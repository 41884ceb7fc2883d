-- ===== src/Handlers/AdminPosts.antt =====
-- internal/httpapi/admin_posts.go: take a post down and restore it, over HTTP.
use Prim.Native.String.{String}
use waterloo_star_backend.Common.{
  ℕ, Bool, true, false, ◌&&◌, Option, none, some, [], ◌∷◌, ◌==◌, ltb, if◌then◌else◌, length,
  is_none,
}
use waterloo_star_backend.Common.Text.{Text, trim_space}
use waterloo_star_backend.Store.Rows.{
  User, Post, subject_listing, subject_request, Error, no_rows, already_removed, not_removed,
}
use waterloo_star_backend.Store.Conn.{ok, err, M, ◌>>=◌, ◌>>◌, pure, throw, query, TxRunner}
use waterloo_star_backend.Store.Queries.{
  get_user_by_id, get_listing_for_owner, get_request_for_owner,
}
use waterloo_star_backend.Admin.Posts.{remove_post, restore_post}
use waterloo_star_backend.Handlers.Replies.{
  Code, ErrorBody, zero_body, error_body, field_body, Response, shown, Principal, require_admin,
  admit, attempt, Outcome, refusal_of,
}
use waterloo_star_backend.Handlers.AdminAccounts.{min_reason_length, drop}

abbrev pub post_error : ℕ → ErrorBody → Outcome
post_error status body = record { status = status; body = body }

unfoldable pub post_refusal : String → Error → Option Outcome
post_refusal kind no_rows =
    some (post_error 404 (error_body Code.not_found ("No " ∷ kind ∷ " with that id." ∷ [])))
post_refusal kind already_removed =
    some
      (post_error 409 (error_body Code.conflict ("That " ∷ kind ∷ " is already taken down." ∷ [])))
post_refusal kind not_removed =
    some (post_error 409 (error_body Code.conflict ("That " ∷ kind ∷ " is not taken down." ∷ [])))
post_refusal kind _ = none

-- `text := ""; if reason != nil { text = strings.TrimSpace(*reason) }`
abbrev pub trimmed_or_empty : Option Text → Text
trimmed_or_empty none = []
trimmed_or_empty (some reason) = trim_space reason

unfoldable pub post_action : String → Option Text → Bool → (Text → M (Unit {0})) → M Outcome
unfolding post_refusal
post_action kind reason required act =
    let text = trimmed_or_empty reason in
    let n = length text in
    if required && is_none reason
    then pure (post_error 400 (error_body Code.bad_request ("A JSON body is required." ∷ [])))
    else if required && ltb n min_reason_length
    then pure (
        post_error 400 (
          field_body ("Give a reason. The owner will see it." ∷ []) "reason"
            ("At least 10 characters." ∷ [])))
    else if ltb 1000 n
    then pure (
        post_error 400 (
          field_body ("That reason is too long." ∷ []) "reason" ("At most 1,000 characters." ∷ [])))
    else (do
      r ← attempt (act text)
      elim r [
        | ok _ ↦ pure (post_error 200 zero_body)
        | err e ↦ elim (post_refusal kind e) [ none ↦ throw e | some o ↦ pure o ]
      ])

-- A statement that reads rows which the model does not keep: a listing's photos, a request's
-- number of offers.
abbrev pub read_others : M (Unit {0})
read_others = query (λ now d. (ok tt, d))

unfoldable pub admin_listing : ℕ → M (Post × User)
unfolding get_user_by_id get_listing_for_owner
admin_listing id = do
  row ← get_listing_for_owner id
  owner ← get_user_by_id row.owner_id
  read_others
  pure (row, owner)

unfoldable pub admin_request : ℕ → M (Post × User)
unfolding get_user_by_id get_request_for_owner
admin_request id = do
  row ← get_request_for_owner id
  poster ← get_user_by_id row.owner_id
  read_others
  pure (row, poster)

-- A takedown, or a restore, of a post of one kind; `show` reads it back.
unfoldable pub post_handler :
    String
    → Option Principal
    → Option Text
    → Bool
    → (ℕ → Text → M (Unit {0}))
    → M (Post × User)
    → M (Response (Post × User))
unfolding require_admin post_action
post_handler kind caller reason required act show = admit (require_admin caller) (λ p. do
  o ← post_action kind reason required (act p.user_id)
  if o.status == 200 then (do out ← show; pure (shown out)) else pure (refusal_of o))

module _ (tx : TxRunner) (caller : Option Principal) (id : ℕ) (reason : Option Text) where
  unfoldable pub remove_admin_listing : M (Response (Post × User))
  unfolding post_handler admin_listing remove_post
  remove_admin_listing =
      post_handler "listing" caller reason true
        (λ actor reason. drop (remove_post tx actor subject_listing id reason)) (admin_listing id)

  unfoldable pub restore_admin_listing : M (Response (Post × User))
  unfolding post_handler admin_listing restore_post
  restore_admin_listing =
      post_handler "listing" caller reason false
        (λ actor reason. drop (restore_post tx actor subject_listing id reason)) (admin_listing id)

  unfoldable pub remove_admin_request : M (Response (Post × User))
  unfolding post_handler admin_request remove_post
  remove_admin_request =
      post_handler "request" caller reason true
        (λ actor reason. drop (remove_post tx actor subject_request id reason)) (admin_request id)

  unfoldable pub restore_admin_request : M (Response (Post × User))
  unfolding post_handler admin_request restore_post
  restore_admin_request =
      post_handler "request" caller reason false
        (λ actor reason. drop (restore_post tx actor subject_request id reason)) (admin_request id)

_ _ _ _ _ _ _

Transcribe the whole listing above, keeping each line exactly as written.

- **Expected output**
repository 41884ceb7fc2883d
-- ===== src/Handlers/AdminPosts.antt =====
-- internal/httpapi/admin_posts.go: take a post down and restore it, over HTTP.
use Prim.Native.String.{String}
use waterloo_star_backend.Common.{
  ℕ, Bool, true, false, ◌&&◌, Option, none, some, [], ◌∷◌, ◌==◌, ltb, if◌then◌else◌, length,
  is_none,
}
use waterloo_star_backend.Common.Text.{Text, trim_space}
use waterloo_star_backend.Store.Rows.{
  User, Post, subject_listing, subject_request, Error, no_rows, already_removed, not_removed,
}
use waterloo_star_backend.Store.Conn.{ok, err, M, ◌>>=◌, ◌>>◌, pure, throw, query, TxRunner}
use waterloo_star_backend.Store.Queries.{
  get_user_by_id, get_listing_for_owner, get_request_for_owner,
}
use waterloo_star_backend.Admin.Posts.{remove_post, restore_post}
use waterloo_star_backend.Handlers.Replies.{
  Code, ErrorBody, zero_body, error_body, field_body, Response, shown, Principal, require_admin,
  admit, attempt, Outcome, refusal_of,
}
use waterloo_star_backend.Handlers.AdminAccounts.{min_reason_length, drop}

abbrev pub post_error : ℕ → ErrorBody → Outcome
post_error status body = record { status = status; body = body }

unfoldable pub post_refusal : String → Error → Option Outcome
post_refusal kind no_rows =
    some (post_error 404 (error_body Code.not_found ("No " ∷ kind ∷ " with that id." ∷ [])))
post_refusal kind already_removed =
    some
      (post_error 409 (error_body Code.conflict ("That " ∷ kind ∷ " is already taken down." ∷ [])))
post_refusal kind not_removed =
    some (post_error 409 (error_body Code.conflict ("That " ∷ kind ∷ " is not taken down." ∷ [])))
post_refusal kind _ = none

-- `text := ""; if reason != nil { text = strings.TrimSpace(*reason) }`
abbrev pub trimmed_or_empty : Option Text → Text
trimmed_or_empty none = []
trimmed_or_empty (some reason) = trim_space reason

unfoldable pub post_action : String → Option Text → Bool → (Text → M (Unit {0})) → M Outcome
unfolding post_refusal
post_action kind reason required act =
    let text = trimmed_or_empty reason in
    let n = length text in
    if required && is_none reason
    then pure (post_error 400 (error_body Code.bad_request ("A JSON body is required." ∷ [])))
    else if required && ltb n min_reason_length
    then pure (
        post_error 400 (
          field_body ("Give a reason. The owner will see it." ∷ []) "reason"
            ("At least 10 characters." ∷ [])))
    else if ltb 1000 n
    then pure (
        post_error 400 (
          field_body ("That reason is too long." ∷ []) "reason" ("At most 1,000 characters." ∷ [])))
    else (do
      r ← attempt (act text)
      elim r [
        | ok _ ↦ pure (post_error 200 zero_body)
        | err e ↦ elim (post_refusal kind e) [ none ↦ throw e | some o ↦ pure o ]
      ])

-- A statement that reads rows which the model does not keep: a listing's photos, a request's
-- number of offers.
abbrev pub read_others : M (Unit {0})
read_others = query (λ now d. (ok tt, d))

unfoldable pub admin_listing : ℕ → M (Post × User)
unfolding get_user_by_id get_listing_for_owner
admin_listing id = do
  row ← get_listing_for_owner id
  owner ← get_user_by_id row.owner_id
  read_others
  pure (row, owner)

unfoldable pub admin_request : ℕ → M (Post × User)
unfolding get_user_by_id get_request_for_owner
admin_request id = do
  row ← get_request_for_owner id
  poster ← get_user_by_id row.owner_id
  read_others
  pure (row, poster)

-- A takedown, or a restore, of a post of one kind; `show` reads it back.
unfoldable pub post_handler :
    String
    → Option Principal
    → Option Text
    → Bool
    → (ℕ → Text → M (Unit {0}))
    → M (Post × User)
    → M (Response (Post × User))
unfolding require_admin post_action
post_handler kind caller reason required act show = admit (require_admin caller) (λ p. do
  o ← post_action kind reason required (act p.user_id)
  if o.status == 200 then (do out ← show; pure (shown out)) else pure (refusal_of o))

module _ (tx : TxRunner) (caller : Option Principal) (id : ℕ) (reason : Option Text) where
  unfoldable pub remove_admin_listing : M (Response (Post × User))
  unfolding post_handler admin_listing remove_post
  remove_admin_listing =
      post_handler "listing" caller reason true
        (λ actor reason. drop (remove_post tx actor subject_listing id reason)) (admin_listing id)

  unfoldable pub restore_admin_listing : M (Response (Post × User))
  unfolding post_handler admin_listing restore_post
  restore_admin_listing =
      post_handler "listing" caller reason false
        (λ actor reason. drop (restore_post tx actor subject_listing id reason)) (admin_listing id)

  unfoldable pub remove_admin_request : M (Response (Post × User))
  unfolding post_handler admin_request remove_post
  remove_admin_request =
      post_handler "request" caller reason true
        (λ actor reason. drop (remove_post tx actor subject_request id reason)) (admin_request id)

  unfoldable pub restore_admin_request : M (Response (Post × User))
  unfolding post_handler admin_request restore_post
  restore_admin_request =
      post_handler "request" caller reason false
        (λ actor reason. drop (restore_post tx actor subject_request id reason)) (admin_request id)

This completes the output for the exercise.